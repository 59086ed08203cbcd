-- ===== src/Topology/Merge/Table.antt =====
-- The table of the links: it has each key once, and the strongest link of each.
use omm.Prelude.{
  String, ◌≡◌, refl, ◌∙◌, Bool, true, false, Bool-cases, inl, inr, List, [], ◌∷◌, map, ◌==◌, ◌||◌,
  ◌&&◌, any_by, All, arith, eq_iff, eq_refl,
}
use omm.Prelude.Int.{ℤ, ltb_ℤ, leb_ℤ}
use omm.Prelude.Sort.{stable_sort, any_by-stable_sort, any_by-insert_by, insert_by, stable_sort-All}
use omm.Topology.{Link}
use omm.Topology.Key.{pair_key, pair_key_injective, IsNulFree}
use omm.Topology.Merge.{Table, key_of, put_link, put_links, sorted_links}

-- The link runs from `s` to `t`, and is at least as strong as `q`.
abbrev pub is_at_least : String → String → ℤ → Link → Bool
is_at_least s t q l = (l.source == s) && (l.target == t) && leb_ℤ q l.tq

-- The entry of the key is at least as strong as `q`.
abbrev pub entry_covers : String → ℤ → String × Link → Bool
entry_covers k q e = (e.0 == k) && leb_ℤ q e.1.tq

pub covers_put :
    (l : Link) (q : ℤ) (t : Table)
    → leb_ℤ q l.tq ≡ true
    → any_by (entry_covers (key_of l) q) (put_link l t) ≡ true
unfolding any_by put_link
covers_put l q [] h = ground (arith, eq_refl (key_of l), h)
covers_put l q ((k, ex) ∷ t) h = ground (arith, covers_put l q t h, h)

pub covers_kept :
    (k : String) (q : ℤ) (l : Link) (t : Table)
    → any_by (entry_covers k q) t ≡ true
    → any_by (entry_covers k q) (put_link l t) ≡ true
unfolding any_by put_link
covers_kept k q l [] h = cc
covers_kept k q l ((j, ex) ∷ t) h = ground (arith, covers_kept k q l t, h)

-- What a table keeps: each entry stands under the key of its link, whose source has no NUL.
abbrev pub IsKeyed : Table → Type 0
IsKeyed = All (λ e. (e.0 ≡ key_of e.1) × IsNulFree e.1.source)

pub put_link-IsKeyed :
    (l : Link) (t : Table) → IsNulFree l.source → IsKeyed t → IsKeyed (put_link l t)
unfolding put_link
put_link-IsKeyed l [] n h = ((refl, n), tt)
put_link-IsKeyed l ((k, ex) ∷ t) n h = elim (Bool-cases (k == key_of l)) [
  | inl e ↦ elim (Bool-cases (ltb_ℤ ex.tq l.tq)) [
    | inl b ↦ rw (e, b) (((eq_iff k (key_of l)).0 e, n), h.1)
    | inr b ↦ rw (e, b) h
  ]
  | inr e ↦ rw e (h.0, put_link-IsKeyed l t n h.1)
]

abbrev pub has_key : String → Table → Bool
has_key k = any_by (λ e. e.0 == k)

abbrev pub HasUniqueKeys : Table → Type 0
HasUniqueKeys [] = Unit
HasUniqueKeys (e ∷ t) = (has_key e.0 t ≡ false) × HasUniqueKeys t

has_key-put_link :
    (k : String) (l : Link) (t : Table)
    → has_key k (put_link l t) ≡ ((key_of l == k) || has_key k t)
unfolding any_by put_link
has_key-put_link k l [] = refl
has_key-put_link k l ((j, ex) ∷ t) =
    ground (arith, has_key-put_link k l t, eq_iff j (key_of l), eq_iff j k, eq_iff (key_of l) k)

pub put_link-HasUniqueKeys : (l : Link) (t : Table) → HasUniqueKeys t → HasUniqueKeys (put_link l t)
unfolding any_by put_link
put_link-HasUniqueKeys l [] h = (refl, tt)
put_link-HasUniqueKeys l ((k, ex) ∷ t) h = elim (Bool-cases (k == key_of l)) [
  | inl e ↦ rw e h
  | inr e ↦ rw e (
    ground (arith, has_key-put_link k l t, eq_iff k (key_of l), eq_iff (key_of l) k, e, h.0),
    put_link-HasUniqueKeys l t h.1,
  )
]

pub put_links-IsKeyed :
    (ls : List Link) (t : Table)
    → All (λ l. IsNulFree l.source) ls
    → IsKeyed t
    → IsKeyed (put_links ls t)
unfolding put_links
put_links-IsKeyed [] t n h = h
put_links-IsKeyed (l ∷ ls) t n h =
    put_links-IsKeyed ls (put_link l t) n.1 (put_link-IsKeyed l t n.0 h)

pub put_links-HasUniqueKeys :
    (ls : List Link) (t : Table) → HasUniqueKeys t → HasUniqueKeys (put_links ls t)
unfolding put_links
put_links-HasUniqueKeys [] t h = h
put_links-HasUniqueKeys (l ∷ ls) t h =
    put_links-HasUniqueKeys ls (put_link l t) (put_link-HasUniqueKeys l t h)

pub put_links_kept :
    (k : String) (q : ℤ) (ls : List Link) (t : Table)
    → any_by (entry_covers k q) t ≡ true
    → any_by (entry_covers k q) (put_links ls t) ≡ true
unfolding put_links
put_links_kept k q [] t h = h
put_links_kept k q (l ∷ ls) t h = put_links_kept k q ls (put_link l t) (covers_kept k q l t h)

leb_ℤ-self : (a : ℤ) → leb_ℤ a a ≡ true
leb_ℤ-self a = ground arith

pub put_links-covers :
    (ls : List Link) (t : Table)
    → All (λ l. any_by (entry_covers (key_of l) l.tq) (put_links ls t) ≡ true) ls
unfolding put_links
put_links-covers [] t = tt
put_links-covers (l ∷ ls) t = (
  put_links_kept (key_of l) l.tq ls (put_link l t) (covers_put l l.tq t (leb_ℤ-self l.tq)),
  put_links-covers ls (put_link l t),
)

abbrev link_of : String × Link → Link
link_of e = e.1

entry_is_at_least :
    (s d : String) (q : ℤ) (k : String) (l : Link)
    → IsNulFree s
    → k ≡ key_of l
    → IsNulFree l.source
    → entry_covers (pair_key s d) q (k, l) ≡ true
    → is_at_least s d q l ≡ true
entry_is_at_least s d q k l n keyed free h =
    let same : key_of l ≡ pair_key s d = ground (arith, eq_iff k (pair_key s d), keyed, h) in
    let (p, r) = pair_key_injective l.source s l.target d free n same in
    ground (arith, eq_iff l.source s, eq_iff l.target d, p, r, h)

map-covers :
    (s d : String) (q : ℤ) (t : Table)
    → IsNulFree s
    → IsKeyed t
    → any_by (entry_covers (pair_key s d) q) t ≡ true
    → any_by (is_at_least s d q) (map link_of t) ≡ true
unfolding any_by
map-covers s d q [] n keyed h = cc
map-covers s d q ((k, l) ∷ t) n keyed h = elim (Bool-cases (entry_covers (pair_key s d) q (k, l))) [
  | inl e ↦ rw (entry_is_at_least s d q k l n keyed.0.0 keyed.0.1 e) refl
  | inr e ↦ let rest = map-covers s d q t n keyed.1 (ground (arith, h, e)) in ground (arith, rest)
]

module _ (less : String × Link → String × Link → Bool) where
  insert_by-HasUniqueKeys :
      (e : String × Link) (t : Table)
      → has_key e.0 t ≡ false
      → HasUniqueKeys t
      → HasUniqueKeys (insert_by less e t)
  unfolding insert_by any_by
  insert_by-HasUniqueKeys e [] n h = (refl, tt)
  insert_by-HasUniqueKeys e (x ∷ t) n h = elim (Bool-cases (less x e)) [
    | inl b ↦ rw b (
      ground (
        arith,
        any_by-insert_by less (λ y. y.0 == x.0) e t,
        h.0,
        n,
        eq_iff x.0 e.0,
        eq_iff e.0 x.0,
      ),
      insert_by-HasUniqueKeys e t (ground (arith, n)) h.1,
    )
    | inr b ↦ rw b (n, h)
  ]

  stable_sort-HasUniqueKeys : (t : Table) → HasUniqueKeys t → HasUniqueKeys (stable_sort less t)
  unfolding stable_sort
  stable_sort-HasUniqueKeys [] h = tt
  stable_sort-HasUniqueKeys (e ∷ t) h =
      insert_by-HasUniqueKeys e (stable_sort less t)
        (any_by-stable_sort less (λ y. y.0 == e.0) t ∙ h.0) (stable_sort-HasUniqueKeys t h.1)

-- The link runs from `s` to `d`.
abbrev pub is_between : String → String → Link → Bool
is_between s d l = (l.source == s) && (l.target == d)

-- No directed pair has two links.
abbrev pub HasUniquePairs : List Link → Type 0
HasUniquePairs [] = Unit
HasUniquePairs (l ∷ ls) = (any_by (is_between l.source l.target) ls ≡ false) × HasUniquePairs ls

map-no_pair :
    (s d : String) (t : Table)
    → IsKeyed t
    → has_key (pair_key s d) t ≡ false
    → any_by (is_between s d) (map link_of t) ≡ false
unfolding any_by
map-no_pair s d [] keyed h = refl
map-no_pair s d ((k, l) ∷ t) keyed h = elim (Bool-cases (is_between s d l)) [
  | inl e ↦
      let p : l.source ≡ s = ground (arith, eq_iff l.source s, e) in
      let r : l.target ≡ d = ground (arith, eq_iff l.target d, e) in
      let same : k ≡ pair_key s d = rw (← p, ← r) keyed.0.0 in
      ground (arith, eq_iff k (pair_key s d), same, h)
  | inr e ↦ ground (arith, e, map-no_pair s d t keyed.1 (ground (arith, h)))
]

map-HasUniquePairs : (t : Table) → IsKeyed t → HasUniqueKeys t → HasUniquePairs (map link_of t)
map-HasUniquePairs [] keyed h = tt
map-HasUniquePairs ((k, l) ∷ t) keyed h = (
  map-no_pair l.source l.target t keyed.1 (rw keyed.0.0 at h.0),
  map-HasUniquePairs t keyed.1 h.1,
)

pub sorted_links-HasUniquePairs :
    (t : Table) → IsKeyed t → HasUniqueKeys t → HasUniquePairs (sorted_links t)
unfolding sorted_links
sorted_links-HasUniquePairs t keyed h =
    map-HasUniquePairs _ (stable_sort-All _ _ t keyed) (stable_sort-HasUniqueKeys _ t h)

pub sorted_links-covers :
    (s d : String) (q : ℤ) (t : Table)
    → IsNulFree s
    → IsKeyed t
    → any_by (entry_covers (pair_key s d) q) t ≡ true
    → any_by (is_at_least s d q) (sorted_links t) ≡ true
unfolding sorted_links
sorted_links-covers s d q t n keyed h =
    map-covers s d q _ n (stable_sort-All _ _ t keyed) (any_by-stable_sort _ _ t ∙ h)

■ WHAT TO DO
Using the records above, write out exactly the lines between the one holding "leb_ℤ-self a = ground arith" and the one holding "map-covers s d q ((k, l)", inclusive; leave everything else out.

■ TASK SOLUTION
leb_ℤ-self a = ground arith

pub put_links-covers :
    (ls : List Link) (t : Table)
    → All (λ l. any_by (entry_covers (key_of l) l.tq) (put_links ls t) ≡ true) ls
unfolding put_links
put_links-covers [] t = tt
put_links-covers (l ∷ ls) t = (
  put_links_kept (key_of l) l.tq ls (put_link l t) (covers_put l l.tq t (leb_ℤ-self l.tq)),
  put_links-covers ls (put_link l t),
)

abbrev link_of : String × Link → Link
link_of e = e.1

entry_is_at_least :
    (s d : String) (q : ℤ) (k : String) (l : Link)
    → IsNulFree s
    → k ≡ key_of l
    → IsNulFree l.source
    → entry_covers (pair_key s d) q (k, l) ≡ true
    → is_at_least s d q l ≡ true
entry_is_at_least s d q k l n keyed free h =
    let same : key_of l ≡ pair_key s d = ground (arith, eq_iff k (pair_key s d), keyed, h) in
    let (p, r) = pair_key_injective l.source s l.target d free n same in
    ground (arith, eq_iff l.source s, eq_iff l.target d, p, r, h)

map-covers :
    (s d : String) (q : ℤ) (t : Table)
    → IsNulFree s
    → IsKeyed t
    → any_by (entry_covers (pair_key s d) q) t ≡ true
    → any_by (is_at_least s d q) (map link_of t) ≡ true
unfolding any_by
map-covers s d q [] n keyed h = cc
map-covers s d q ((k, l) ∷ t) n keyed h = elim (Bool-cases (entry_covers (pair_key s d) q (k, l))) [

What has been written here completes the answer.